The Cavalier daily Tuesday, February 24, 1970 | ||
Stresses 'Self-Help'
Poverty Expert Views Economy
"We black people must become partners
at the held of the national economy
and not continue just in menial roles, for
in the final analysis black men will be
respected only in proportion to what
they produce to strengthen the nation.
"No one wants a beggar in his living
room...I have no intention of tearing
America down, but I want to build
America up."
Reverend Leon H. Sullivan, the speaker of
these words, is coming to Charlottesville Wednesday,
February 25.
Sponsored by the Graduate School of Business
Administration, Mr. Sullivan will speak at a
Conference on Jobs and Training. The purpose
of the conference is to focus attention on
problems of economic development in the
United States from the viewpoint of the poor
and to discuss various solutions to these problems.
Negro Self-Help
Mr. Sullivan, founder and Chairman of the
Board of Opportunities Industrialization Center
(OIC), is considered by some to be the nation's
most effective spokesman for Negro self-help in
developing job and training opportunities in
U.S. industry.
The program formulated by Mr. Sullivan has
created 50,000 jobs, working through OIC's in
more than 90 cities throughout the country.

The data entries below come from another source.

-- ===== src/Dma.antt =====
-- The DMA controller: include/drivers/dma/dma_controller.hpp, src/drivers/dma/dma_controller.cpp.
-- The objects that it may be attached to lie in a state `S`, which a `System` reads and writes; a
-- pointer to one of them is a Boolean, false for `nullptr`.
pub mod Copying
pub mod Transfer
mod Tests
use Prim.Native.String.{String}
use embedded_firmware_simula.Prelude.{
  ℕ, ◌+◌, ◌%◌, ◌^◌, ◌≡◌, Bool, true, false, not, ◌&&◌, ◌||◌, some, leb, ◌==◌, if◌then◌else◌,
  Outcome, ok, throws,
}
use embedded_firmware_simula.Mmio.Bus.{MmioBus, RegisterStore}
use embedded_firmware_simula.Mmio.Bus
use embedded_firmware_simula.Memory.{Memory, is_valid_address}
use embedded_firmware_simula.Memory
use embedded_firmware_simula.Uart.{Uart, data_address, read_byte, write_byte}
use embedded_firmware_simula.Interrupts.{InterruptController, trigger}
use embedded_firmware_simula.Events.{EventScheduler, schedule}

-- Where the objects lie that a controller works on. What a bus points to may be the registers of
-- the UART: the store and the UART then share them.
pub record System (S R T H : Type 0) : Type 0 where
  pub bus : S → MmioBus R
  pub store : RegisterStore S R
  pub memory : S → Memory
  pub set_memory : S → Memory → S
  pub uart : S → Uart
  pub set_uart : S → Uart → S
  pub interrupts : S → InterruptController H
  pub set_interrupts : S → InterruptController H → S
  pub events : S → EventScheduler T
  pub set_events : S → EventScheduler T → S
  pub memory-set_memory : (s : S) (m : Memory) → memory (set_memory s m) ≡ m
  pub memory-set_interrupts :
      (s : S) (c : InterruptController H) → memory (set_interrupts s c) ≡ memory s
  pub memory-set_events : (s : S) (e : EventScheduler T) → memory (set_events s e) ≡ memory s
  pub interrupts-set_memory : (s : S) (m : Memory) → interrupts (set_memory s m) ≡ interrupts s
  pub interrupts-set_interrupts :
      (s : S) (c : InterruptController H) → interrupts (set_interrupts s c) ≡ c
  pub interrupts-set_events :
      (s : S) (e : EventScheduler T) → interrupts (set_events s e) ≡ interrupts s

pub record DmaController : Type 0 where
  pub memory : Bool
  pub mmio_bus : Bool
  pub interrupt_controller : Bool
  pub uart : Bool
  pub scheduler : Bool
  pub interrupt_id : ℕ
  pub source_address : ℕ
  pub destination_address : ℕ
  pub length : ℕ
  pub current_src : ℕ
  pub current_dst : ℕ
  pub transferred_bytes : ℕ
  pub src_increment : Bool
  pub dst_increment : Bool
  pub user_set_src_increment : Bool
  pub user_set_dst_increment : Bool
  pub busy : Bool
  pub completed : Bool
  pub error : Bool

-- The constructor.
abbrev pub new : Bool → Bool → Bool → Bool → DmaController
new memory mmio_bus interrupt_controller uart = record {
  memory = memory;
  mmio_bus = mmio_bus;
  interrupt_controller = interrupt_controller;
  uart = uart;
  scheduler = false;
  interrupt_id = 0;
  source_address = 0;
  destination_address = 0;
  length = 0;
  current_src = 0;
  current_dst = 0;
  transferred_bytes = 0;
  src_increment = true;
  dst_increment = true;
  user_set_src_increment = false;
  user_set_dst_increment = false;
  busy = false;
  completed = false;
  error = false;
}

-- The calls that attach an object or, with `nullptr`, none; `detachUART` and `detachScheduler` are
-- `attach_uart` and `attach_scheduler` with false.
unfoldable pub attach_memory : DmaController → Bool → DmaController
attach_memory d given = record d { memory = given }

unfoldable pub attach_mmio : DmaController → Bool → DmaController
attach_mmio d given = record d { mmio_bus = given }

unfoldable pub attach_interrupt_controller : DmaController → Bool → ℕ → DmaController
attach_interrupt_controller d given id = record d {
  interrupt_controller = given;
  interrupt_id = id;
}

unfoldable pub detach_interrupt_controller : DmaController → DmaController
detach_interrupt_controller d = record d { interrupt_controller = false; interrupt_id = 0 }

unfoldable pub attach_uart : DmaController → Bool → DmaController
attach_uart d given = record d { uart = given }

unfoldable pub attach_scheduler : DmaController → Bool → DmaController
attach_scheduler d given = record d { scheduler = given }

unfoldable pub set_increments : DmaController → Bool → Bool → DmaController
set_increments d source destination = record d {
  src_increment = source;
  dst_increment = destination;
  user_set_src_increment = true;
  user_set_dst_increment = true;
}

unfoldable pub stop : DmaController → DmaController
stop d = record d { busy = false }

unfoldable pub reset : DmaController → DmaController
reset d = record d {
  source_address = 0;
  destination_address = 0;
  length = 0;
  current_src = 0;
  current_dst = 0;
  transferred_bytes = 0;
  src_increment = true;
  dst_increment = true;
  user_set_src_increment = false;
  user_set_dst_increment = false;
  busy = false;
  completed = false;
  error = false;
}

-- What an address means to a transfer.
pub data Place : Type 0 where
  uart_place bus_place memory_place nowhere : Place

abbrev pub is_nowhere : Place → Bool
is_nowhere nowhere = true
is_nowhere _ = false

module _ {S R T H : Type 0} (sys : System S R T H) where
  abbrev is_uart_data : DmaController → S → ℕ → Bool
  is_uart_data d s a = d.uart && a == data_address (sys.uart s).base_address

  abbrev is_mmio_reg : DmaController → S → ℕ → Bool
  is_mmio_reg d s a = d.mmio_bus && Bus.contains (sys.bus s) a

  -- The tests that `start` and `step` make of an address, in their order.
  unfoldable pub locate : DmaController → S → ℕ → Place
  locate d s a =
      if is_uart_data d s a
      then uart_place
      else if is_mmio_reg d s a
      then bus_place
      else if d.memory && is_valid_address (sys.memory s) a
      then memory_place
      else nowhere

  unfoldable pub configure : DmaController → S → ℕ → ℕ → ℕ → DmaController × Bool
  configure d s source destination length = if d.busy then (d, false) else (
    record d {
      source_address = source;
      destination_address = destination;
      length = length;
      current_src = source;
      current_dst = destination;
      transferred_bytes = 0;
      busy = false;
      completed = false;
      error = false;
      src_increment =
          if not d.user_set_src_increment
          then not (is_uart_data d s source || is_mmio_reg d s source)
          else d.src_increment;
      dst_increment =
          if not d.user_set_dst_increment
          then not (is_uart_data d s destination || is_mmio_reg d s destination)
          else d.dst_increment;
    },
    true,
  )

  -- `m_interruptController->trigger(m_interruptId)`, if there is one.
  abbrev pub signal : DmaController → S → S × Outcome (Unit {0})
  signal d s =
      if d.interrupt_controller
      then elim (trigger (sys.interrupts s) d.interrupt_id) [
        | ok c ↦ (sys.set_interrupts s c, ok tt)
        | throws e ↦ (s, throws e)
      ]
      else (s, ok tt)

  abbrev returning : {A : Type 0} → A → Outcome (Unit {0}) → Outcome A
  returning a (ok u) = ok a
  returning a (throws e) = throws e

  unfoldable pub start : DmaController → S → DmaController × S × Outcome Bool
  start d s =
      let (s', outcome) = signal d s in
      if not d.memory && not d.mmio_bus && not d.uart
      then (record d { error = true }, s, ok false)
      else if d.length == 0
      then (record d { busy = false; completed = true; error = false }, s', returning true outcome)
      else if is_nowhere (locate d s d.source_address)
          || is_nowhere (locate d s d.destination_address)
      then (record d { error = true; busy = false; completed = false }, s, ok false)
      else (
        record d {
          current_src = d.source_address;
          current_dst = d.destination_address;
          transferred_bytes = 0;
          busy = true;
          completed = false;
          error = false;
        },
        s,
        ok true,
      )

  abbrev with_uart : S → Outcome (Uart × ℕ) → S × Outcome ℕ
  with_uart s (ok (u, byte)) = (sys.set_uart s u, ok byte)
  with_uart s (throws e) = (s, throws e)

  abbrev low_byte : Outcome ℕ → Outcome ℕ
  low_byte (ok v) = ok (v % 256)
  low_byte (throws e) = throws e

  -- A byte from a place that is not `nowhere`.
  unfoldable pub fetch : S → Place → ℕ → S × Outcome ℕ
  fetch s uart_place a = with_uart s (read_byte (sys.uart s))
  fetch s bus_place a = (s, low_byte (Bus.read sys.store s (sys.bus s) a))
  fetch s memory_place a = (s, Memory.read (sys.memory s) a)
  fetch s nowhere a = (s, ok 0)

  abbrev put_uart : S → Outcome Uart → S × Outcome (Unit {0})
  put_uart s (ok u) = (sys.set_uart s u, ok tt)
  put_uart s (throws e) = (s, throws e)

  abbrev put_bus : S → Outcome S → S × Outcome (Unit {0})
  put_bus s (ok s') = (s', ok tt)
  put_bus s (throws e) = (s, throws e)

  abbrev put_memory : S → Outcome Memory → S × Outcome (Unit {0})
  put_memory s (ok m) = (sys.set_memory s m, ok tt)
  put_memory s (throws e) = (s, throws e)

  unfoldable pub deliver : S → Place → ℕ → ℕ → S × Outcome (Unit {0})
  deliver s uart_place a byte = put_uart s (write_byte (sys.uart s) byte)
  deliver s bus_place a byte = put_bus s (Bus.write sys.store s (sys.bus s) a byte)
  deliver s memory_place a byte = put_memory s (Memory.write (sys.memory s) a byte)
  deliver s nowhere a byte = (s, ok tt)

  -- The counters after a byte.
  abbrev pub advanced : DmaController → DmaController
  advanced d = record d {
    transferred_bytes = (d.transferred_bytes + 1) % 2 ^ 64;
    current_src = if d.src_increment then (d.current_src + 1) % 2 ^ 64 else d.current_src;
    current_dst = if d.dst_increment then (d.current_dst + 1) % 2 ^ 64 else d.current_dst;
  }

  abbrev pub finished : DmaController → DmaController
  finished d = record d { busy = false; completed = true }

  abbrev pub failed : DmaController → DmaController
  failed d = record d { error = true; busy = false }

  module _ (nothing : T) where
    abbrev pub announce : DmaController → S × Outcome (Unit {0}) → S × Outcome (Unit {0})
    announce d (s, throws e) = (s, throws e)
    announce d (s, ok u) =
        if d.scheduler
        then (
          sys.set_events s (schedule (sys.events s) (some nothing) 0 "DMA Transfer Complete").0,
          ok tt,
        )
        else (s, ok tt)

    -- The end of `step`, after a byte has arrived.
    unfoldable pub conclude : DmaController → S → DmaController × S × Outcome (Unit {0})
    conclude d s =
        let (s', outcome) = announce d (signal d s) in
        if leb d.length d.transferred_bytes then (finished d, s', outcome) else (d, s, ok tt)

    abbrev arrived : DmaController → S × Outcome (Unit {0}) → DmaController × S × Outcome (Unit {0})
    arrived d (s, throws e) = (d, s, throws e)
    arrived d (s, ok u) = conclude (advanced d) s

    abbrev fetched : DmaController → S × Outcome ℕ → DmaController × S × Outcome (Unit {0})
    fetched d (s, throws e) = (d, s, throws e)
    fetched d (s, ok byte) =
        if is_nowhere (locate d s d.current_dst)
        then (failed d, s, ok tt)
        else arrived d (deliver s (locate d s d.current_dst) d.current_dst byte)

    unfoldable pub step : DmaController → S → DmaController × S × Outcome (Unit {0})
    step d s =
        if not d.busy
        then (d, s, ok tt)
        else if leb d.length d.transferred_bytes
        then (finished d, s, ok tt)
        else if is_nowhere (locate d s d.current_src)
        then (failed d, s, ok tt)
        else fetched d (fetch s (locate d s d.current_src) d.current_src)

    unfoldable pub tick : DmaController → S → DmaController × S × Outcome (Unit {0})
    tick d s = step d s

-- `busy()`, `completed()` and `hasError()`
unfoldable pub status : DmaController → Bool × Bool × Bool
status d = (d.busy, d.completed, d.error)

-- `sourceAddress()`, `destinationAddress()`, `length()` and `transferredBytes()`
unfoldable pub progress : DmaController → ℕ × ℕ × ℕ × ℕ
progress d = (d.source_address, d.destination_address, d.length, d.transferred_bytes)

-- `interruptId()`, `sourceIncrement()` and `destinationIncrement()`
unfoldable pub settings : DmaController → ℕ × Bool × Bool
settings d = (d.interrupt_id, d.src_increment, d.dst_increment)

One objective of the program is to develop
the "whole man" by encouraging an awareness
of man's relationships and responsibilities to
other members of his community.
Another objective of the OIC program is to
train or retrain people with untapped talents
and unknown skills, who are unemployed and
under-employed. Associated with this goal is
the fostering of a sense of increased economic
security among the trainees.
Mr. Sullivan, according to the OIC newsletter,
is "no militant, no apostle of violence
and hatred toward the whites." Rather, he is an
activist.
Mr. Sullivan's career has long been connected
with the poor. In 1950, he became
pastor of Zion Baptist Church in a North
Philadelphia community where the concentration
of black people was to become greater
than in Harlem.
Juvenile Delinquency
One of Mr. Sullivan's early efforts was to
organize a Citizen's Committee against juvenile
delinquency and its causes.
Later, he was responsible for setting up a
Youth Employment Center which succeeded in
finding approximately 1000 jobs a year for
Negro youths.
Realizing that Negro ministers exert considerable
influence in the Philadelphia community,
Mr. Sullivan persuaded 400 of them to
join in the Selective Patronage Program. In
reality, it was known as a succession of business
boycotts.
Under this program, ministers visited corporations
known to be deficient in the employment
of Negroes and they asked for the hiring
of Negroes in available jobs. If the delegation
was rejected, congregations were advised not to
patronize these particular firms.
2000 Jobs
The program was successful, opening up
more than 2000 skilled jobs to black workers.
Realizing that jobs were available but only
to the skilled, Mr. Sullivan established the
Opportunities Industrialization Center, devised
to train youths for skilled jobs.
Thomas Wolfe stated the OIC philosophy
when he wrote: "To every man his chance - to
every man regardless of his birth, his shining,
golden opportunity. To every man the right to
live, to work, to be himself, and to become
whatever thing his manhood and his vision can
combine to make of him. This is the promise of
America."
The Conference on Jobs and Training will be
held in Newcomb Hall Ballroom beginning at
1:00 p.m. Students and professors, employers
and those seeking employment and representatives
of business and government, will makeup
the audience.
After Mr. Sullivan's address, the audience
will be divided into smaller workshop groups.